-- ===== src/Finance/Payment/Overdue.antt =====
-- The daily job `refreshOverdueStatuses` of
-- apps/api/src/modules/finance/services/payment.service.ts.
use openlms.Base.{
  ℕ, ◌≡◌, refl, sym, ap, ◌∙◌, subst, inl, inr, true, false, filter, any, eq_refl, Bool-cases, In,
  In-map, map-In, filter-In, any_of_In, ◌=ₛ◌,
}
use openlms.Finance.Invoice.{overdue}
use openlms.Finance.Payment.{Invoice, Store, computed, totals_status}
use openlms.Finance.Payment.Recording.{
  is_overdue, is_due, overdue_ids, set_overdue, refresh_overdue_statuses,
}

-- After the job, no invoice that is pending or partly paid is past its date by what it owes: one that
-- is due has another status, or its totals do not call it overdue.
pub refresh_marks_overdue :
    (now : ℕ) (s : Store) (i : Invoice)
    → In i ((refresh_overdue_statuses now s).1.invoices)
    → is_due now i ≡ true
    → is_overdue (totals_status now ((refresh_overdue_statuses now s).1.payments) i) ≡ false
unfolding refresh_overdue_statuses
refresh_marks_overdue now s i m due =
    let ids = overdue_ids now s in
    let (j, there, row) = In-map (set_overdue ids) i s.invoices m in
    elim (Bool-cases (any (λ id. id =ₛ j.id) ids)) [
      | inl marked ↦
          let changed : i ≡ record j { status = computed overdue } = row ∙ rw marked refl in
          let clash : true ≡ false = sym due ∙ ap (is_due now) changed in cc
      | inr unmarked ↦
          let same : i ≡ j = row ∙ rw unmarked refl in
          elim (Bool-cases (is_overdue (totals_status now s.payments i))) [
            | inl late ↦
                let here = subst (λ z. In z s.invoices) (sym same) there in
                let listed =
                  map-In (λ z. z.id) i
                    (filter (λ z. is_overdue (totals_status now s.payments z))
                      (filter (is_due now) s.invoices))
                    (filter-In (λ z. is_overdue (totals_status now s.payments z)) i
                      (filter (is_due now) s.invoices)
                      (filter-In (is_due now) i s.invoices here due) late) in
                let clash : true ≡ false =
                  sym (
                    any_of_In (λ id. id =ₛ j.id) i.id ids listed
                      (ap (λ z. z.id =ₛ j.id) same ∙ eq_refl j.id))
                  ∙ unmarked in
                cc
            | inr on_time ↦ on_time
          ]
    ]
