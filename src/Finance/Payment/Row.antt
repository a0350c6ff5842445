-- ===== src/Finance/Payment/Row.antt =====
-- The row of an idempotency key, which `record` and `recordAllocated` of
-- apps/api/src/modules/finance/services/payment.service.ts read or add.
use openlms.Base.{
  ◌≡◌, refl, ap, subst, ◌∙◌, inl, inr, String, List, [], ◌∷◌, ◌++◌, map, Option, none, some,
  some-injective, eq_refl, ◌=ₛ◌, Bool-cases, Option-cases,
}
use openlms.Base.Int.{ℤ}
use openlms.Base.Result.{Result, ok, err}
use openlms.Finance.Payment.{Payment, Store, Error}
use openlms.Finance.Payment.Recording.{
  RecordPaymentInput, truthy, has_key, find_by_key, create_payment,
}
use openlms.Finance.Payment.Runs.{Reaches, KeepsTerms, IsKept, Reaches-keeps}

abbrev pub HasRow : String → Payment → List Payment → Type 0
HasRow key p payments =
    (q : Payment) × (find_by_key (some key) payments ≡ some q)
    × (q.id ≡ p.id)
    × (q.amount ≡ p.amount)
    × (q.allocations ≡ p.allocations)

find-changed :
    (key : String) (f : Payment → Payment) (payments : List Payment) {q : Payment}
    → KeepsTerms f
    → find_by_key (some key) payments ≡ some q
    → find_by_key (some key) (map f payments) ≡ some (f q)
find-changed key f [] k h = cc
find-changed key f (p ∷ payments) {q} k h = elim (Bool-cases (has_key key p.idempotency_key)) [
  | inl t ↦
      let here : some p ≡ some q = rw t at h in
      rw (ap (has_key key) (k.key_kept p) ∙ t) (ap (λ z. some (f z)) (some-injective here))
  | inr n ↦ rw (ap (has_key key) (k.key_kept p) ∙ n) (find-changed key f payments k (rw n at h))
]

find-appended :
    (key : String) (payments more : List Payment) {q : Payment}
    → find_by_key (some key) payments ≡ some q
    → find_by_key (some key) (payments ++ more) ≡ some q
find-appended key [] more h = cc
find-appended key (p ∷ payments) more h = elim (Bool-cases (has_key key p.idempotency_key)) [
  | inl t ↦ rw t (rw t at h)
  | inr n ↦ rw n (find-appended key payments more (rw n at h))
]

find-last :
    (key : String) (payments : List Payment) (p : Payment)
    → find_by_key (some key) payments ≡ none
    → p.idempotency_key ≡ some key
    → find_by_key (some key) (payments ++ p ∷ []) ≡ some p
find-last key [] p h e = rw e (rw (eq_refl key) refl)
find-last key (q ∷ payments) p h e = elim (Bool-cases (has_key key q.idempotency_key)) [
  | inl t ↦ let clash : some q ≡ none = rw t at h in cc
  | inr n ↦ rw n (find-last key payments p (rw n at h) e)
]

pub HasRow-IsKept : (key : String) (p : Payment) → IsKept (HasRow key p)
HasRow-IsKept key p = record {
  by_change = λ f payments k (q, found, id, amount, lines). (
    f q,
    find-changed key f payments k found,
    k.id_kept q ∙ id,
    k.amount_kept q ∙ amount,
    k.allocations_kept q ∙ lines,
  );
  by_add = λ row payments sound free (q, found, id, amount, lines).
      (q, find-appended key payments (row ∷ []) found, id, amount, lines);
}

truthy-some : (o : Option String) {key : String} → truthy o ≡ some key → o ≡ some key
truthy-some none h = cc
truthy-some (some s) h = elim (Bool-cases (s =ₛ "")) [
  | inl t ↦ let clash : none ≡ some _ = rw t at h in cc
  | inr f ↦ rw f at h
]

ok_parts :
    {p q : Payment} {s t : Store}
    → ◌≡◌ {A = Result Error Payment × Store} (ok p, s) (ok q, t)
    → (p ≡ q) × (s ≡ t)
ok_parts h = (cc, cc)

pub no_ok :
    (e : Error) (s : Store) {q : Payment} {t : Store}
    → ◌≡◌ {A = Result Error Payment × Store} (err e, s) (ok q, t)
    → ⊥
no_ok e s h = cc

-- what a call answers with is the row of its key
pub create_payment-HasRow :
    (answer row : Payment) (invoice_ids : List String) (input : RecordPaymentInput) (s : Store)
    (key : String) {p : Payment} {t : Store}
    → truthy input.idempotency_key ≡ some key
    → row.idempotency_key ≡ input.idempotency_key
    → row.id ≡ answer.id
    → row.amount ≡ answer.amount
    → row.allocations ≡ answer.allocations
    → create_payment answer row invoice_ids input s ≡ (ok p, t)
    → HasRow key p t.payments
unfolding create_payment
create_payment-HasRow answer row invoice_ids input s key {p} {t} is_key own id amount lines h =
    let keyed = truthy-some input.idempotency_key is_key in
    let by_key = ap (λ o. find_by_key o s.payments) keyed in
    elim (Option-cases (find_by_key (some key) s.payments)) [
      | inl free ↦
          let (same, after) = ok_parts (rw (create_payment, by_key ∙ free) at h) in
          (
            row,
            subst (λ v. find_by_key (some key) v.payments ≡ some row) after
                (find-last key s.payments row free (own ∙ keyed)),
            id ∙ ap (λ z. z.id) same,
            amount ∙ ap (λ z. z.amount) same,
            lines ∙ ap (λ z. z.allocations) same,
          )
      | inr (existing, found) ↦
          let (same, after) = ok_parts (rw (create_payment, by_key ∙ found, is_key) at h) in
          (
            existing,
            subst (λ v. find_by_key (some key) v.payments ≡ some existing) after found,
            ap (λ z. z.id) same,
            ap (λ z. z.amount) same,
            ap (λ z. z.allocations) same,
          )
    ]

-- the payment that a call found in what it read
pub read-HasRow :
    (show_decimal : ℤ → String) (key : String) {existing p : Payment} {read s t : Store}
    → Reaches show_decimal read s
    → find_by_key (some key) read.payments ≡ some existing
    → ◌≡◌ {A = Result Error Payment × Store} (ok existing, s) (ok p, t)
    → HasRow key p t.payments
read-HasRow show_decimal key {existing} {p} r found h =
    let (same, after) = ok_parts h in
    subst (λ v. HasRow key p v.payments) after
      (Reaches-keeps (HasRow key p) (HasRow-IsKept key p) show_decimal
        (
          existing,
          found,
          ap (λ z. z.id) same,
          ap (λ z. z.amount) same,
          ap (λ z. z.allocations) same,
        )
        r)
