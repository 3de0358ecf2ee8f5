-- ===== src/Client/Connect/Arrival.antt =====
-- pkg/client/client.go and pkg/server/server.go: how the request of a client looks to the server.
use warp_stream.Base.{
  ◌∙◌, ◌≡◌, refl, Bool, true, false, Option, [], ◌∷◌, ◌++◌, if◌then◌else◌, Text, codes, text_eq,
  has_prefix, trim_space, trim_right, skip_spaces, split_on, trim_byte, equal_fold, arith,
  Bool-cases, inl, inr, to_lower,
}
use warp_stream.Protocol.{JwtTunnelConfig, jwt_header_prefix}
use warp_stream.Server.Restrictions.{is_empty}
use warp_stream.Server.Startup
use warp_stream.Server.Startup.{is_ws}
use warp_stream.Server.Gateway.{
  Request, Reply, http2_tunnel, gorilla_upgrade, wst_upgrade, bearer, token_of, subprotocols,
  is_websocket, open_tunnel, path_refused,
}
use warp_stream.Client.Headers.{Fields, get, set, set_all, load_http_headers}
use warp_stream.Client.Headers.Laws.{Avoid, get-set_self, get-set_other, get-set_all}
use warp_stream.Client.Connect.{
  Config, Url, url_over, fields_over, events_path, warp_stream_url, http2_url, gorilla_url,
  protocol_field, cookie_field, authorization_field, custom_fields, websocket_fields, http2_fields,
  Transport, wst, gorilla, http2,
}
use warp_stream.Client.Connect.Token.{IsCompact, split_field, bearer_lem, trim-v1}

-- The custom fields do not touch this one.
abbrev pub Untouched : Config → Text → Type 0
Untouched config k = Avoid k config.headers × Avoid k (load_http_headers config.headers_file)

get-custom_fields :
    (config : Config) (k : Text) (h : Fields)
    → equal_fold authorization_field k ≡ false
    → Untouched config k
    → get k (custom_fields config h) ≡ get k h
unfolding custom_fields
get-custom_fields config k h e a =
    let all : get k (set_all (load_http_headers config.headers_file) (set_all config.headers h))
        ≡ get k h =
      get-set_all k (load_http_headers config.headers_file) (set_all config.headers h) a.1
      ∙ get-set_all k config.headers h a.0 in
    elim (Bool-cases (is_empty config.http_upgrade_credentials)) [
      | inl no_credentials ↦ rw no_credentials all
      | inr credentials ↦
          rw credentials
            (get-set_other authorization_field k config.http_upgrade_credentials _ e ∙ all)
    ]

get-protocol :
    (config : Config) (token : Text)
    → Untouched config protocol_field
    → get protocol_field (websocket_fields config token)
      ≡ codes "v1, " ++ (jwt_header_prefix ++ token)
unfolding websocket_fields equal_fold text_eq to_lower
get-protocol config token a =
    get-custom_fields config protocol_field _ refl a ∙ get-set_self protocol_field _ []

get-protocol_http2 :
    (config : Config) (token : Text)
    → Untouched config protocol_field
    → get protocol_field (http2_fields config token) ≡ []
unfolding http2_fields equal_fold text_eq to_lower get set warp_stream.Client.Headers.remove
get-protocol_http2 config token a = get-custom_fields config protocol_field _ refl a

get-cookie_http2 :
    (config : Config) (token : Text)
    → Untouched config cookie_field
    → get cookie_field (http2_fields config token) ≡ token
unfolding http2_fields equal_fold text_eq to_lower
get-cookie_http2 config token a =
    get-custom_fields config cookie_field _ refl a
    ∙ get-set_other (codes "Content-Type") cookie_field _ _ refl
    ∙ get-set_self cookie_field token []

-- What reaches the server: a WebSocket upgrade over HTTP/1.1, or a POST over HTTP/2.
abbrev pub upgrade_of : Transport → Text
upgrade_of wst = codes "websocket"
upgrade_of gorilla = codes "websocket"
upgrade_of http2 = []

abbrev pub is_http2 : Transport → Bool
is_http2 wst = false
is_http2 gorilla = false
is_http2 http2 = true

abbrev pub arrives : Option Text → Transport → Url → Fields → Request
arrives name t u h = record {
  path = u.path;
  sec_websocket_protocol = get protocol_field h;
  cookie = get cookie_field h;
  authorization = get authorization_field h;
  upgrade = upgrade_of t;
  peer_common_name = name;
  is_http2 = is_http2 t;
}

-- The tunnel that is opened: over HTTP/2, or by the server's WebSocket implementation, which answers
-- the subprotocol `v1`.
abbrev pub opened : Transport → Startup.Config → JwtTunnelConfig → Reply
opened http2 server claims = http2_tunnel claims
opened wst server claims =
    if is_ws server
    then gorilla_upgrade (codes "v1" ∷ []) claims
    else wst_upgrade (codes "v1" ∷ []) claims
opened gorilla server claims =
    if is_ws server
    then gorilla_upgrade (codes "v1" ∷ []) claims
    else wst_upgrade (codes "v1" ∷ []) claims

no_bearer : bearer (split_on b',' []) ≡ []
unfolding bearer split_on has_prefix trim_space trim_right skip_spaces
no_bearer = refl

pub token_of-arrives :
    (config : Config) (u : Url) (token : Text) (name : Option Text) (t : Transport)
    → IsCompact token
    → Untouched config protocol_field
    → Untouched config cookie_field
    → token_of (arrives name t (url_over config u t) (fields_over config token t)) ≡ token
unfolding token_of fields_over
token_of-arrives config u token name wst h a c =
    rw (get-protocol config token a, split_field token h.1, bearer_lem token h.1, h.0)
token_of-arrives config u token name gorilla h a c =
    rw (get-protocol config token a, split_field token h.1, bearer_lem token h.1, h.0)
token_of-arrives config u token name http2 h a c =
    rw (get-protocol_http2 config token a, no_bearer) (get-cookie_http2 config token c)

pub open_tunnel-arrives :
    (config : Config) (server : Startup.Config) (u : Url) (token : Text) (name : Option Text)
    (claims : JwtTunnelConfig) (t : Transport)
    → IsCompact token
    → Untouched config protocol_field
    → open_tunnel server (arrives name t (url_over config u t) (fields_over config token t)) claims
      ≡ opened t server claims
unfolding open_tunnel subprotocols fields_over is_websocket text_eq to_lower
open_tunnel-arrives config server u token name claims wst h a =
    rw (get-protocol config token a, split_field token h.1, trim-v1)
open_tunnel-arrives config server u token name claims gorilla h a =
    rw (get-protocol config token a, split_field token h.1, trim-v1)
open_tunnel-arrives config server u token name claims http2 h a = refl

has_prefix-append : (p s : Text) → has_prefix p (p ++ s) ≡ true
unfolding has_prefix
has_prefix-append [] s = refl
has_prefix-append (c ∷ p) s = ground (arith, has_prefix-append p s)

pub path-url_over :
    (config : Config) (u : Url) (t : Transport)
    → (url_over config u t).path ≡ events_path config.path_prefix
unfolding url_over warp_stream_url gorilla_url http2_url
path-url_over config u wst = refl
path-url_over config u gorilla = refl
path-url_over config u http2 = refl

pub path-not_refused :
    (prefix : Text) (server : Startup.Config) (r : Request)
    → server.path_prefix ≡ trim_byte b'/' prefix
    → r.path ≡ events_path prefix
    → path_refused server r ≡ false
unfolding path_refused events_path
path-not_refused prefix server r e p = elim (Bool-cases (is_empty (trim_byte b'/' prefix))) [
  | inl bare ↦ rw (e, bare)
  | inr named ↦
      rw (e, p, named) (rw (has_prefix-append (b'/' ∷ trim_byte b'/' prefix) (codes "/events")))
]
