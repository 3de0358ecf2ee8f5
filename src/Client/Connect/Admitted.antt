-- ===== src/Client/Connect/Admitted.antt =====
-- pkg/client/client.go and pkg/server/server.go: the server admits the request that the client makes.
use warp_stream.Base.{
  ℕ, ◌≡◌, refl, Bool, true, not, ◌&&◌, Option, none, some, [], Text, trim_byte, Bytes, Bool-cases,
  inl, inr,
}
use warp_stream.Base.Monad.{ok}
use warp_stream.Protocol.{LocalProtocol, JwtTunnelConfig}
use warp_stream.Server.Restrictions.{RestrictionsRules, is_empty, validate}
use warp_stream.Server.Startup
use warp_stream.Server.Startup.{is_ws}
use warp_stream.Server.Gateway.{
  Token, common_name, key_of, check_method, unverified, after_verification, parse_jwt_claims, judge,
  serve_http,
}
use warp_stream.Client.Headers.{Fields, get}
use warp_stream.Client.Connect.{
  Config, Url, url_over, fields_over, events_path, secret_of, claims_of, protocol_field,
  cookie_field, authorization_field, Transport, dials, transport_of, request_over, after_signing,
  generate_jwt, connect_to_transport,
}
use warp_stream.Client.Connect.Arrival.{
  Untouched, arrives, opened, token_of-arrives, open_tunnel-arrives, path-url_over,
  path-not_refused,
}
use warp_stream.Client.Connect.Token.{IsCompact}

abbrev pub signed : JwtTunnelConfig → Token
signed claims = record { is_hs256 = true; claims = claims }

-- What the JWT library does with a token that it made of these claims and this secret: the token has no
-- comma and no space, its claims are read back, and it is valid if the key function answers the secret.
pub record IsRead (parse_unverified : Text → Option Token)
    (parse_with_claims : Text → (Token → Option Text) → Option (Token × Bool)) (secret token : Text)
    (claims : JwtTunnelConfig) : Type 0 where
  pub compact : IsCompact token
  pub unverified : parse_unverified token ≡ some (signed claims)
  pub verified :
      (key : Token → Option Text)
      → key (signed claims) ≡ some secret
      → parse_with_claims token key ≡ some (signed claims, true)

module _ (parse_unverified : Text → Option Token)
    (parse_with_claims : Text → (Token → Option Text) → Option (Token × Bool)) where
  parse_jwt_claims-signed :
      (server : Startup.Config) (token : Text) (claims : JwtTunnelConfig)
      → IsRead parse_unverified parse_with_claims server.jwt_secret token claims
      → parse_jwt_claims parse_unverified parse_with_claims server token ≡ ok claims
  unfolding parse_jwt_claims unverified check_method after_verification key_of
  parse_jwt_claims-signed server token claims r =
      elim (Bool-cases (is_ws server && not (is_empty server.jwt_secret))) [
        | inl strict ↦ rw (strict, r.verified (key_of server) refl)
        | inr lax ↦ rw (lax, r.unverified)
      ]

-- A client and a server with one path prefix and one secret: whatever tunnel the client asks for, over
-- whichever transport its URL and its mode choose, it makes a request that the server opens a tunnel
-- for with just the claims of the client, if the rules accept these for the client's path and
-- authorization. The custom header fields name neither the subprotocols nor the cookie; the JWT library
-- makes a token, has no comma or space in it, and reads and verifies it.
pub connect_to_transport-serve_http :
    (parse_ip : Text → Option Bytes) (parse_unverified : Text → Option Token)
    (parse_with_claims : Text → (Token → Option Text) → Option (Token × Bool))
    (sign : Text → JwtTunnelConfig → Option Text) (config : Config) (server : Startup.Config)
    (rules : Option RestrictionsRules) (u : Url) (id : Text) (p : LocalProtocol) (host : Text)
    (port : ℕ) (name : Option Text) (token : Text)
    → server.path_prefix ≡ trim_byte b'/' config.path_prefix
    → server.jwt_secret ≡ secret_of config
    → Untouched config protocol_field
    → Untouched config cookie_field
    → sign (secret_of config) (claims_of id p host port) ≡ some token
    → IsRead parse_unverified parse_with_claims server.jwt_secret token (claims_of id p host port)
    → validate parse_ip rules
        (claims_of id p host port)
        (events_path config.path_prefix)
        (get authorization_field (fields_over config token (transport_of config u)))
        (elim name as (λ o. Text) [ none ↦ [] | some n ↦ n ])
      ≡ true
    → (t : Transport) × (v : Url) × (h : Fields) × (connect_to_transport sign config
          (some u)
          id
          p
          host
          port
        ≡ dials t v h)
      × (serve_http parse_ip parse_unverified parse_with_claims server rules (arrives name t v h)
          ≡ opened t server (claims_of id p host port))
unfolding connect_to_transport generate_jwt after_signing request_over serve_http judge common_name
connect_to_transport-serve_http parse_ip parse_unverified parse_with_claims sign config server rules
      u id p host port name token same_prefix same_secret a c made r accepted =
    let t = transport_of config u in
    let accepted_there : validate parse_ip rules (claims_of id p host port)
          (url_over config u t).path (get authorization_field (fields_over config token t))
          (elim name as (λ o. Text) [ none ↦ [] | some n ↦ n ])
        ≡ true =
      rw (path-url_over config u t) accepted in
    (
      t,
      url_over config u t,
      fields_over config token t,
      rw made,
      rw
          (
            path-not_refused config.path_prefix server
                (arrives name t (url_over config u t) (fields_over config token t)) same_prefix
                (path-url_over config u t),
            token_of-arrives config u token name t r.compact a c,
            r.compact.0,
            parse_jwt_claims-signed parse_unverified parse_with_claims server token
                (claims_of id p host port) r,
            judge,
            accepted_there,
          )
          (open_tunnel-arrives config server u token name (claims_of id p host port) t r.compact a),
    )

» Try it: Return only those lines of the records that contain the string "free".

» Answer box:
  by_add = λ row payments sound free (q, found, id, amount, lines).
      | inl free ↦
          let (same, after) = ok_parts (rw (create_payment, by_key ∙ free) at h) in
                (find-last key s.payments row free (own ∙ keyed)),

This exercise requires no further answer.